Where, as here, a multiplicity of claims stemming from a maritime catastrophe in the aggregate exceed the liability of the owner under the Limitation Act, the owner has a right to localize proceedings as against the plaintiff-claimants’ rights to an alternative forum under the saving to suitors clause. Pershing Auto Rentals Inc. v. Gaffney, 5th Cir. 1960, 279 F.2d 546; Gilmore & Black, supra., at 862.

. Order 1 is set forth as Appendix A to this opinion. Order 2, issued on December 15, 1976, appointed counsel to represent potential claimants who have not entered an appearance until such a time as these persons enter an appearance through counsel of their own selection or otherwise indicate that they do not wish to be represented. Order 3, issued on January 10, 1977, resulting from the first conference between the various trial committees is set forth as the Appendix B to this decision.

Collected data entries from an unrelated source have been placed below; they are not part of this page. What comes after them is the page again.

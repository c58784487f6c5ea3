-- ===== src/Server/Sessions.antt =====
-- From a client's sync to its beacon, through the service of core/http.go.
use envisilab.Base.{
  ℕ, ◌≡◌, true, Option, none, some, inl, inr, Option-cases, nat_eq, list_eq, List, [], ◌∷◌, ◌++◌,
  arith, Bytes, Text, Error, text,
}
use envisilab.Base.Dict
use envisilab.Heap.{Heap, update_at}
use envisilab.Topology.{Group}
use envisilab.Context.Interface.{ContextOps, IsContext, IsSound}
use envisilab.Endpoint.{get_entity, in_sync}
use envisilab.Endpoint.Http.{Response, silent, message_error, sync_response, bad_request}
use envisilab.Endpoint.Sync.{sync_handler}
use envisilab.Endpoint.Sync.Answers.{sync_handler-get_entity}
use envisilab.Endpoint.UserData.{UserData}
use envisilab.Endpoint.UserData.Accepted.{beacon_handler_accepts}
use envisilab.Server.{
  Outside, sync, beacon, routes, Arrival, Answer, Server, make_server, answer, sync_request,
  user_request, handle, serve, serve_all,
}
use envisilab.Server.Step.{IsReady, IsStep, make_endpoint-IsReady}
use envisilab.Server.Total.{serve-IsServed, serve_all-IsStep}

-- The user data of a beacon for the entity at `a`, as they are broadcast.
abbrev pub beacon_message : (o : Outside) {c : ContextOps} → Server c → Arrival o → ℕ → Bytes
beacon_message o server req a =
    (o.marshal_user_data (record {
      client_id = o.uuid.string (server.heap.objects.entity a).client_id;
      location = (o.decode_location req.body).0;
    })).0

-- The answer to a beacon, given the error of the broadcast.
abbrev pub beacon_response : Error → Response
beacon_response none = silent
beacon_response (some e) = message_error (text "Broadcast error: " ++ e) bad_request

module _ (o : Outside) {c : ContextOps} (i : IsContext c) (safe : IsSound c) where
  -- A token that is known stands for an entity, whatever requests came in between.
  known_after :
      (server server' : Server c) (key : Text)
      → IsStep o.uuid server.endpoint server.heap server'.endpoint server'.heap
      → (e : Option ℕ) × (get_entity server.endpoint key ≡ (e, none))
      → (a : ℕ) × (get_entity server'.endpoint key ≡ (some a, none))
  unfolding get_entity
  known_after server server' key step (e, found) =
      elim (Option-cases (Dict.get server.endpoint.entities key)) [
        | inl nothing ↦ absurd (ground (arith, nothing, found))
        | inr (e1, there) ↦ elim (Option-cases (Dict.get server'.endpoint.entities key)) [
          | inl gone ↦ absurd (ground (arith, there, gone, step.known key))
          | inr (e2, still) ↦
              let (a, is, below, named) = step.ready key e2 still in (a, ground (arith, still, is))
        ]
      ]

  -- The entity of the token in a sync response.
  serve_sync :
      (server server' : Server c) (req : Arrival o) (var token : Text) (groups : List Group)
      → o.mux routes req.path ≡ some (sync, var)
      → serve o server req ≡ some (answer o (sync_response token groups ∷ []) none, server')
      → (a : ℕ) × (get_entity server'.endpoint token ≡ (some a, none))
  unfolding serve handle
  serve_sync server server' req var token groups route done =
      let answered : sync_handler o.uuid server.endpoint server.heap req.random req.now
            (sync_request o req)
          ≡ some (sync_response token groups, (server'.endpoint, server'.heap)) =
        ground (arith, route, done) in
      let (post, json, on_time, (a, known, named)) =
        sync_handler-get_entity i o.uuid server.endpoint server'.endpoint server.heap server'.heap
          req.random req.now (sync_request o req) token groups answered in
      (a, known)

  make_server-IsReady :
      (ctx : c.State) (heap : Heap)
      → IsReady o.uuid
          (make_server o {c = c} ctx heap).endpoint
          (make_server o {c = c} ctx heap).heap
  unfolding make_server
  make_server-IsReady ctx heap = make_endpoint-IsReady o.uuid c ctx heap

  -- What is known of a run holds of its result.
  serve_all-IsStep_of :
      (server server' : Server c) (reqs : List (Arrival o)) (answers : List (Answer o))
      → IsReady o.uuid server.endpoint server.heap
      → serve_all o server reqs ≡ some (answers, server')
      → IsStep o.uuid server.endpoint server.heap server'.endpoint server'.heap
  serve_all-IsStep_of server server' reqs answers ready ran =
      let (answers1, server1, done, size, step) = serve_all-IsStep o safe server reqs ready in
      let same : server' ≡ server1 = ground (arith, ran, done) in rw same step

  serve-IsStep :
      (server server' : Server c) (req : Arrival o) (answered : Answer o)
      → IsReady o.uuid server.endpoint server.heap
      → serve o server req ≡ some (answered, server')
      → IsStep o.uuid server.endpoint server.heap server'.endpoint server'.heap
  serve-IsStep server server' req answered ready ran =
      let (answered1, server1, done, step) = serve-IsServed o safe server req ready in
      let same : server' ≡ server1 = ground (arith, ran, done) in rw same step

  pub serve_beacon :
      (server : Server c) (req : Arrival o) (token : Text) (a : ℕ)
      → o.mux routes req.path ≡ some (beacon, token)
      → req.method ≡ text "POST"
      → req.content_type ≡ text "application/json"
      → (o.decode_location req.body).1 ≡ none
      → in_sync req.now (o.decode_location req.body).0.timestamp ≡ true
      → ((ud : UserData) → (o.marshal_user_data ud).1 ≡ none)
      → get_entity server.endpoint token ≡ (some a, none)
      → let (sent, moved) = update_at o.s2 o.grow server.heap a (o.decode_location req.body).0 in
        (err : Error) × (ctx' : c.State) × (heap' : Heap) × (c.broadcast server.endpoint.ctx moved
            req.now a
            (beacon_message o server req a)
          ≡ some (err, ctx', heap'))
        × (serve o server req
            ≡ some (
              answer o (beacon_response err ∷ []) sent,
              record { endpoint = record (server.endpoint) { ctx = ctx' }; heap = heap' },
            ))
  unfolding serve handle
  serve_beacon server req token a route post json decoded on_time marshals known =
      let loc = (o.decode_location req.body).0 in
      let ud : UserData = record {
        client_id = o.uuid.string (server.heap.objects.entity a).client_id;
        location = loc;
      } in
      let message = beacon_message o server req a in
      let moved = (update_at o.s2 o.grow server.heap a loc).1 in
      let (err, ctx', heap', done, kept) =
        safe.broadcast_ok server.endpoint.ctx moved req.now a message in
      let marshalled : o.marshal_user_data ud ≡ (message, none) = ground (arith, marshals ud) in
      let accepted =
        beacon_handler_accepts o.uuid o.s2 o.grow o.marshal_user_data server.endpoint server.heap
          heap' req.now (user_request o token req) a message err ctx' known post json decoded
          on_time marshalled done in
      (err, ctx', heap', done, ground (arith, route, accepted))

  -- A client that was given a token by a sync response can send beacons with it ever after, whatever
  -- requests came before its sync and in between, since the handler never asks whether the token has
  -- expired in Redis: a POST of JSON to the route of beacons under that
  -- token, with a location whose time is in sync, reaches an entity; the context broadcasts the data of
  -- that entity at that location, and the answer tells of nothing but an error of that broadcast. The
  -- context is any whose methods do not panic, and user data can be marshalled.
  pub beacon_after_sync :
      (ctx : c.State) (heap : Heap) (before between : List (Arrival o))
      (answers1 answers2 : List (Answer o)) (server1 server2 server3 : Server c)
      (first req : Arrival o) (var token : Text) (groups : List Group)
      → serve_all o (make_server o ctx heap) before ≡ some (answers1, server1)
      → o.mux routes first.path ≡ some (sync, var)
      → serve o server1 first ≡ some (answer o (sync_response token groups ∷ []) none, server2)
      → serve_all o server2 between ≡ some (answers2, server3)
      → o.mux routes req.path ≡ some (beacon, token)
      → req.method ≡ text "POST"
      → req.content_type ≡ text "application/json"
      → (o.decode_location req.body).1 ≡ none
      → in_sync req.now (o.decode_location req.body).0.timestamp ≡ true
      → ((ud : UserData) → (o.marshal_user_data ud).1 ≡ none)
      → (a : ℕ) × (get_entity server3.endpoint token ≡ (some a, none))
        × (let (sent, moved) =
              update_at o.s2 o.grow server3.heap a (o.decode_location req.body).0 in
            (err : Error) × (ctx' : c.State) × (heap' : Heap) × (c.broadcast server3.endpoint.ctx
                moved req.now a
                (beacon_message o server3 req a)
              ≡ some (err, ctx', heap'))
            × (serve o server3 req
                ≡ some (
                  answer o (beacon_response err ∷ []) sent,
                  record { endpoint = record (server3.endpoint) { ctx = ctx' }; heap = heap' },
                )))
  beacon_after_sync ctx heap before between answers1 answers2 server1 server2 server3 first req var
        token groups ran1 sync_route synced ran2 route post json decoded on_time marshals =
      let server0 = make_server o ctx heap in
      let ready : IsReady o.uuid server0.endpoint server0.heap = make_server-IsReady ctx heap in
      let step1 = serve_all-IsStep_of server0 server1 before answers1 ready ran1 in
      let step2 = serve-IsStep server1 server2 first _ step1.ready synced in
      let step3 = serve_all-IsStep_of server2 server3 between answers2 step2.ready ran2 in
      let (b, given) = serve_sync server1 server2 first var token groups sync_route synced in
      let (a, known) = known_after server2 server3 token step3 (some b, given) in
      (a, known, serve_beacon server3 req token a route post json decoded on_time marshals known)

. Sixty-eight counsel registered their appearance.

. Although this court has the authority to specify which counsel will comprise such a committee, Rando v. Luckenbach Steanship Co., E.D.N.Y.1960, 25 F.R.D 483, it left that choice to the plaintiff lawyers at large, and in the case of the two defense interests, to the respective attorneys representing those interests.

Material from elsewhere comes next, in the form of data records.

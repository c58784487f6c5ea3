-- ===== src/Server/Followers.antt =====
-- A beacon at the service of the aggregator (core/http.go, core/context.go), down to the connections
-- that are written to (core/subscriber.go).
use envisilab.Base.{
  ℕ, ◌≡◌, true, false, none, some, List, [], ◌∷◌, nat_eq, list_eq, arith, Text, Bytes, Error, text,
}
use envisilab.Base.Dict.{IsOrder}
use envisilab.Base.Decimal.{format_uint}
use envisilab.Redis.{Pool, IsPool, PubSub, IsPubSub, IsBroker}
use envisilab.Publisher.{publish_message}
use envisilab.DataStore.{Sql, is_connected}
use envisilab.Cell.{Entity}
use envisilab.Heap.{update_at}
use envisilab.Heap.Moved.{moved_entity}
use envisilab.Subscriber.{Conn}
use envisilab.Subscriber.Delivery.{Outboxes, writes}
use envisilab.Topology.{Topology, broadcast}
use envisilab.Topology.Exclusive.{Call}
use envisilab.Topology.Broadcasts.{groups_accepted, published-broadcast}
use envisilab.Topology.Fanout.{Feed, deliver}
use envisilab.Topology.Fanout.Reaches.{channels_of, AreCopies, IsAfter, wants, reaches}
use envisilab.Context.{DataStoreContext}
use envisilab.Context
use envisilab.Context.Interface.{ContextOps}
use envisilab.Context.Stored.{data_store_ops, data_store_ops-IsContext, data_store_ops-IsSound}
use envisilab.Endpoint.{get_entity, in_sync}
use envisilab.Endpoint.Http.{silent}
use envisilab.Endpoint.UserData.{UserData}
use envisilab.Server.{Outside, beacon, routes, Arrival, Server, answer, serve}
use envisilab.Server.Sessions.{beacon_message, serve_beacon}

module _ (o : Outside) (p : Pool) (ps : PubSub) (sql : Sql) (order : List Text → List Text) where
  abbrev pub ops : ContextOps
  ops = data_store_ops p ps sql o.uuid order

  -- The cell of the location of a beacon, for the entity at `a`.
  abbrev pub beacon_cell : Server ops → Arrival o → ℕ → ℕ
  beacon_cell server req a =
      let loc = (o.decode_location req.body).0 in
      o.s2.parent loc.lat loc.lng (server.heap.objects.entity a).cell.config.topology_level

  abbrev pub beacon_topology : Server ops → Arrival o → ℕ → Topology p ps × Error
  beacon_topology server req a =
      broadcast server.endpoint.ctx.t (beacon_cell server req a)
        (server.heap.objects.entity a).groups (beacon_message o server req a)

  pub context_broadcast :
      (ctx : DataStoreContext p ps sql) (e : Entity) (data' : Bytes)
      → is_connected ctx.store ≡ false
      → let (t, err) = broadcast ctx.t e.cell.s2cell_id e.groups data' in
        Context.broadcast ctx e data' ≡ some (err, record ctx { t = t })
  unfolding Context.broadcast
  context_broadcast ctx e data' off = ground (arith, off)

  -- Where the data store is not connected, a beacon is one broadcast of the topology.
  beacon_ctx :
      (server : Server ops) (req : Arrival o) (a : ℕ)
      → is_connected server.endpoint.ctx.store ≡ false
      → let moved = (update_at o.s2 o.grow server.heap a (o.decode_location req.body).0).1 in
        let (t, err) = beacon_topology server req a in
        ops.broadcast server.endpoint.ctx moved req.now a (beacon_message o server req a)
        ≡ some (err, record (server.endpoint.ctx) { t = t }, moved)
  beacon_ctx server req a off =
      let loc = (o.decode_location req.body).0 in
      let moved = (update_at o.s2 o.grow server.heap a loc).1 in
      let (cell, groups, level) = moved_entity o.s2 o.grow server.heap a loc in
      let sent =
        context_broadcast server.endpoint.ctx (moved.objects.entity a)
          (beacon_message o server req a) off in
      ground (arith, sent, cell, groups)

  module _ (i : IsPool p) (r : IsPubSub ps) (b : IsBroker i r) where
    -- A beacon for an entity that the endpoint knows, a POST of JSON with a location whose time is in
    -- sync, goes to everybody who follows the place: where Redis accepts it, the service answers with
    -- nothing; and each connection is written the user data, once for each channel that its calls
    -- asked for, among that of the cell in which the location lies, at the entity's level, and those
    -- of the entity's groups; no other connection is. The goroutines take the copies in any order, the
    -- subscribers stand as calls that Redis accepts have left them, the data store is not connected,
    -- and user data can be marshalled.
    pub serve_reaches :
        (visits : List Conn → List Conn) (calls : List Call) (server : Server ops) (req : Arrival o)
        (token : Text) (a : ℕ) (copies : List (Feed × Text)) (out : Outboxes)
        → IsOrder order
        → IsOrder visits
        → IsAfter p ps i r b order calls server.endpoint.ctx.t
        → is_connected server.endpoint.ctx.store ≡ false
        → o.mux routes req.path ≡ some (beacon, token)
        → req.method ≡ text "POST"
        → req.content_type ≡ text "application/json"
        → (o.decode_location req.body).1 ≡ none
        → in_sync req.now (o.decode_location req.body).0.timestamp ≡ true
        → ((ud : UserData) → (o.marshal_user_data ud).1 ≡ none)
        → get_entity server.endpoint token ≡ (some a, none)
        → let t = server.endpoint.ctx.t in
          let groups = (server.heap.objects.entity a).groups in
          let cell = beacon_cell server req a in
          let data' = beacon_message o server req a in
          let (err, s') = publish_message p t.publisher (format_uint cell) data' in
          let (t', err') = beacon_topology server req a in
          let (sent, moved) = update_at o.s2 o.grow server.heap a (o.decode_location req.body).0 in
          err ≡ none
          → groups_accepted p i s' groups data' ≡ true
          → AreCopies p ps i r b t t' data' copies
          → (serve o server req
              ≡ some (
                answer o (silent ∷ []) sent,
                record {
                  endpoint = record (server.endpoint) {
                    ctx = record (server.endpoint.ctx) { t = t' };
                  };
                  heap = moved;
                },
              ))
            × ((out' : Outboxes) × (deliver visits t' data' copies out ≡ some out')
                × ((conn : Conn)
                    → out' conn
                      ≡ writes
                          (wants p ps i r b calls conn (channels_of cell groups))
                          (out conn)
                          data'))
    serve_reaches visits calls server req token a copies out ordered visited after off route post
          json decoded on_time marshals known accepted all are_copies =
        let t = server.endpoint.ctx.t in
        let groups = (server.heap.objects.entity a).groups in
        let cell = beacon_cell server req a in
        let data' = beacon_message o server req a in
        let (err, ctx', heap', done, served) =
          serve_beacon o (data_store_ops-IsContext p ps sql o.uuid order)
            (data_store_ops-IsSound p ps sql o.uuid order) server req token a route post json
            decoded on_time marshals known in
        let fine = (published-broadcast p i t cell groups data' accepted all).0 in
        (
          ground (arith, served, done, beacon_ctx server req a off, fine),
          reaches p ps i r b order visits calls t cell groups data' copies out ordered visited after
              accepted all are_copies,
        )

. In The Trident, 1839, 1 W.Rob. 29, 35, Judge Lushington declared that the Admiralty Court “sits as a Court of Equity,” and later proclaimed, “if a Court of Equity would relieve, and a Court of Law could not, ... it would be my duty to afford . . . relief . . . The jurisdiction which I exercise is an equitable as well as a legal jurisdiction. The Harriet, 1841, 1 W.Rob. 182, 192. According to Wiswall, The Development of Admiralty Jurisdiction and Practice, 1970, at 72, Dr. Lushington’s views “as to the Court’s equitable powers have served the Court well since it formally obtained the jurisdiction of Equity.”

. According to Moore, supra., at § 23.91:

The most common case is where the plaintiff-representative in a class action . . . has created a fund in which others have a beneficial interest. In such a circumstance it is well established that the representative may recover attorney’s fees and other reasonable expenses of litigation. This doctrine includes not only cases where the action is expressly brought on behalf of others, but where the effect of the suit is the same as though a fund were created.

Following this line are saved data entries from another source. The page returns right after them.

-- ===== src/Server/Overlap.antt =====
-- Requests that overlap: net/http runs each handler of core/http.go in a goroutine of its own, and the
-- lock of the endpoint guards only its map. A request goes through stages; between two of its stages
-- any other request may have its turn.
pub mod Sequential
pub mod Invariant
pub mod Turns
pub mod Reachable
pub mod Answered
pub mod Schedule
pub mod Finishes
pub mod Race
use envisilab.Base.{
  ℕ, zero, suc, ◌+◌, not, Bool, Option, none, some, List, [], ◌∷◌, ◌++◌, ◌==◌, nat_eq, list_eq,
  if◌then◌else◌, Bytes, Text, Error, text,
}
use envisilab.Base.Int.{ℤ}
use envisilab.Base.Dict
use envisilab.Uuid.{Uuid}
use envisilab.Cell.{Cell}
use envisilab.Heap.{Heap}
use envisilab.Context.Interface.{ContextOps}
use envisilab.Endpoint.{Endpoint, in_sync, get_entity}
use envisilab.Endpoint.Http.{Response, silent, message_error, sync_response, bad_request, forbidden}
use envisilab.Endpoint.Sync
use envisilab.Endpoint.UserData.{Act, handle_user_data}
use envisilab.Server.{
  Outside, Handler, sync, standby, beacon, data_channel, download, Arrival, Answer, Server, answer,
  sync_request, user_request, handle,
}

-- Where a request stands. A sync has its token, and then its entity, which is not in the map yet; a
-- beacon or a standby has its entity, and then the message to act with and the cell that was offered.
pub data Stage (o : Outside) : Type 0 where
  arrived : Stage o
  tokened : Bytes → Stage o
  made : Bytes → Option ℕ → Stage o
  found : Option ℕ → Stage o
  moved : Option ℕ → Bytes → Option Cell → Stage o
  finished : Answer o → Stage o

-- The tests at the start of `SyncHandler`: what is answered where one fails.
unfoldable pub refused : Uuid → ℤ → Sync.Request → Option Response
refused u now req =
    let (post_data, err) = req.decode in
    let (client_uuid, uuid_err) = u.parse post_data.uuid in
    if not (req.method == text "POST")
    then some silent
    else if not (req.content_type == text "application/json")
    then some (message_error (text "Sync: Not a valid JSON request (Content-Type)") bad_request)
    else elim err [
      | some e ↦ some (message_error (text "Sync: Invalid client sync request: " ++ e) bad_request)
      | none ↦
          if not (in_sync now post_data.time)
          then some (message_error (text "Sync: Client/Server time not synchronised") bad_request)
          else elim uuid_err [
            | some e ↦
                some (message_error (text "Sync: Failed to parse clientUUID: " ++ e) bad_request)
            | none ↦ none
          ]
    ]

abbrev pub not_created : Text → Response
not_created e = message_error (text "Sync: Failed to create entity: " ++ e) forbidden

-- What a standby or a beacon asks of its context, and its message where that fails.
abbrev pub acting : (c : ContextOps) → Handler → Act c
acting c standby = c.standby
acting c _ = c.broadcast

abbrev pub acting_failed : Handler → Text
acting_failed standby = text "Standby error: "
acting_failed _ = text "Broadcast error: "

module _ (o : Outside) {c : ContextOps} where
  abbrev pub done : Response → Option Cell → Server c → Option (Stage o × Server c)
  done r offered server = some (finished (answer o (r ∷ []) offered), server)

  -- A new token, in the server of Redis.
  unfoldable pub draw_token : Server c → Arrival o → Option (Stage o × Server c)
  draw_token server req =
      let client_uuid = (o.uuid.parse (sync_request o req).decode.0.uuid).0 in
      let (token, err, ctx) = c.create_token server.endpoint.ctx req.random client_uuid in
      let server' : Server c = record server {
        endpoint = record (server.endpoint) { ctx = ctx };
      } in
      elim err [ some e ↦ done (not_created e) none server' | none ↦ some (tokened token, server') ]

  -- The entity of a token.
  unfoldable pub make_entity : Server c → Bytes → Option (Stage o × Server c)
  make_entity server token = elim (c.create_entity server.endpoint.ctx server.heap token 0) [
    | none ↦ none
    | some ((entity, err), (ctx, heap)) ↦
        let server' : Server c = record {
          endpoint = record (server.endpoint) { ctx = ctx };
          heap = heap;
        } in
        elim err [
          | some e ↦ done (not_created e) none server'
          | none ↦ some (made token entity, server')
        ]
  ]

  -- The entity in the map, under the lock, and the answer.
  unfoldable pub enter : Server c → Bytes → Option ℕ → Option (Stage o × Server c)
  enter server token entity =
      let entities = Dict.set server.endpoint.entities (o.uuid.string token) entity in
      let server' : Server c = record server {
        endpoint = record (server.endpoint) { entities = entities };
      } in
      elim entity [
        | none ↦ none
        | some a ↦
            let e = server.heap.objects.entity a in
            done (sync_response (o.uuid.string e.token_id) e.groups) none server'
      ]

  -- `GetEntity`, under the lock.
  unfoldable pub find : Text → Server c → Text → Option (Stage o × Server c)
  find unknown server token_id =
      let (entity, err) = get_entity server.endpoint token_id in
      elim err [
        | some e ↦ done (message_error (unknown ++ e) bad_request) none server
        | none ↦ some (found entity, server)
      ]

  -- `handleUserData`, with `Update`, and the message.
  unfoldable pub take : Server c → Arrival o → Text → Option ℕ → Option (Stage o × Server c)
  take server req token_id entity =
      elim (handle_user_data o.uuid o.s2 o.grow o.marshal_user_data req.now server.heap entity
        (user_request o token_id req)) [
          | none ↦ none
          | some h ↦
              let server' : Server c = record server { heap = h.heap } in
              elim h.user_data [
                | none ↦ done h.response h.sent server'
                | some ud ↦
                    let (user_msg, lerr) = o.marshal_user_data ud in
                    elim lerr [
                      | some e ↦
                          done
                            (message_error (text "Beacon: Failure generating user data: " ++ e)
                              bad_request)
                            h.sent server'
                      | none ↦ some (moved entity user_msg h.sent, server')
                    ]
              ]
        ]

  -- The method of the context.
  unfoldable pub act :
      Act c
      → Text
      → Server c
      → Arrival o
      → Option ℕ
      → Bytes
      → Option Cell
      → Option (Stage o × Server c)
  act method failed server req entity message sent = elim entity [
    | none ↦ none
    | some a ↦ elim (method server.endpoint.ctx server.heap req.now a message) [
      | none ↦ none
      | some (err, ctx, heap) ↦
          let response : Response = elim err [
            | none ↦ silent
            | some e ↦ message_error (failed ++ e) bad_request
          ] in
          done response sent
            (record { endpoint = record (server.endpoint) { ctx = ctx }; heap = heap })
    ]
  ]

  -- The next stage. The handlers Data and Download are one step each. The result `none` is a panic.
  unfoldable pub start : Server c → Arrival o → Text → Handler → Option (Stage o × Server c)
  unfolding draw_token find
  start server req token_id sync = elim (refused o.uuid req.now (sync_request o req)) [
    | some r ↦ done r none server
    | none ↦ draw_token server req
  ]
  start server req token_id standby = find (text "Standby: Failed to get entity: ") server token_id
  start server req token_id beacon = find (text "Beacon: Failed to get entity: ") server token_id
  start server req token_id data_channel = elim (handle o server req token_id data_channel) [
    | none ↦ none
    | some (answered, server') ↦ some (finished answered, server')
  ]
  start server req token_id download = elim (handle o server req token_id download) [
    | none ↦ none
    | some (answered, server') ↦ some (finished answered, server')
  ]

  unfoldable pub move :
      Server c → Arrival o → Text → Handler → Stage o → Option (Stage o × Server c)
  unfolding start make_entity enter take act
  move server req token_id handler arrived = start server req token_id handler
  move server req token_id handler (tokened token) = make_entity server token
  move server req token_id handler (made token entity) = enter server token entity
  move server req token_id handler (found entity) = take server req token_id entity
  move server req token_id handler (moved entity message sent) =
      act (acting c handler) (acting_failed handler) server req entity message sent
  move server req token_id handler (finished answered) = some (finished answered, server)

. According to the Manual, § 1.90:

The court should anticipate the problem which may be encountered in securing adequate reimbursement for liaison counsel for his expenses and services rendered pursuant to the order of court to the parties for whom he is appointed. It is recommended that in appropriate cases the order of appointment make provision for reimbursement of liaison counsel not only for expenses but also for such services as he may render at the request of or pursuant to the order of court. The parties will be expected to reimburse liaison counsel periodically for the expense and time involved in preparation, duplication and distribution of court orders, notices and other papers designated for distribution by liaison counsel to all parties for whom he is acting as liaison counsel, and for such other services rendered pursuant to court order in appropriate cases. Liaison counsel should periodically file in court an account of his time and expenses expended in discharge of his duties under court order and, upon direction by the court, he shall report his account to all with notice to each member for whom he acts as liaison counsel of its pro rata share of the costs, subject to review by the court at the request of any party.

. This figure is not arbitrary, but is based on the projection that the Committee’s fees will be approximately 20% of the fee received by each attorney, and that each attorney will receive approximately 33% of their client’s award.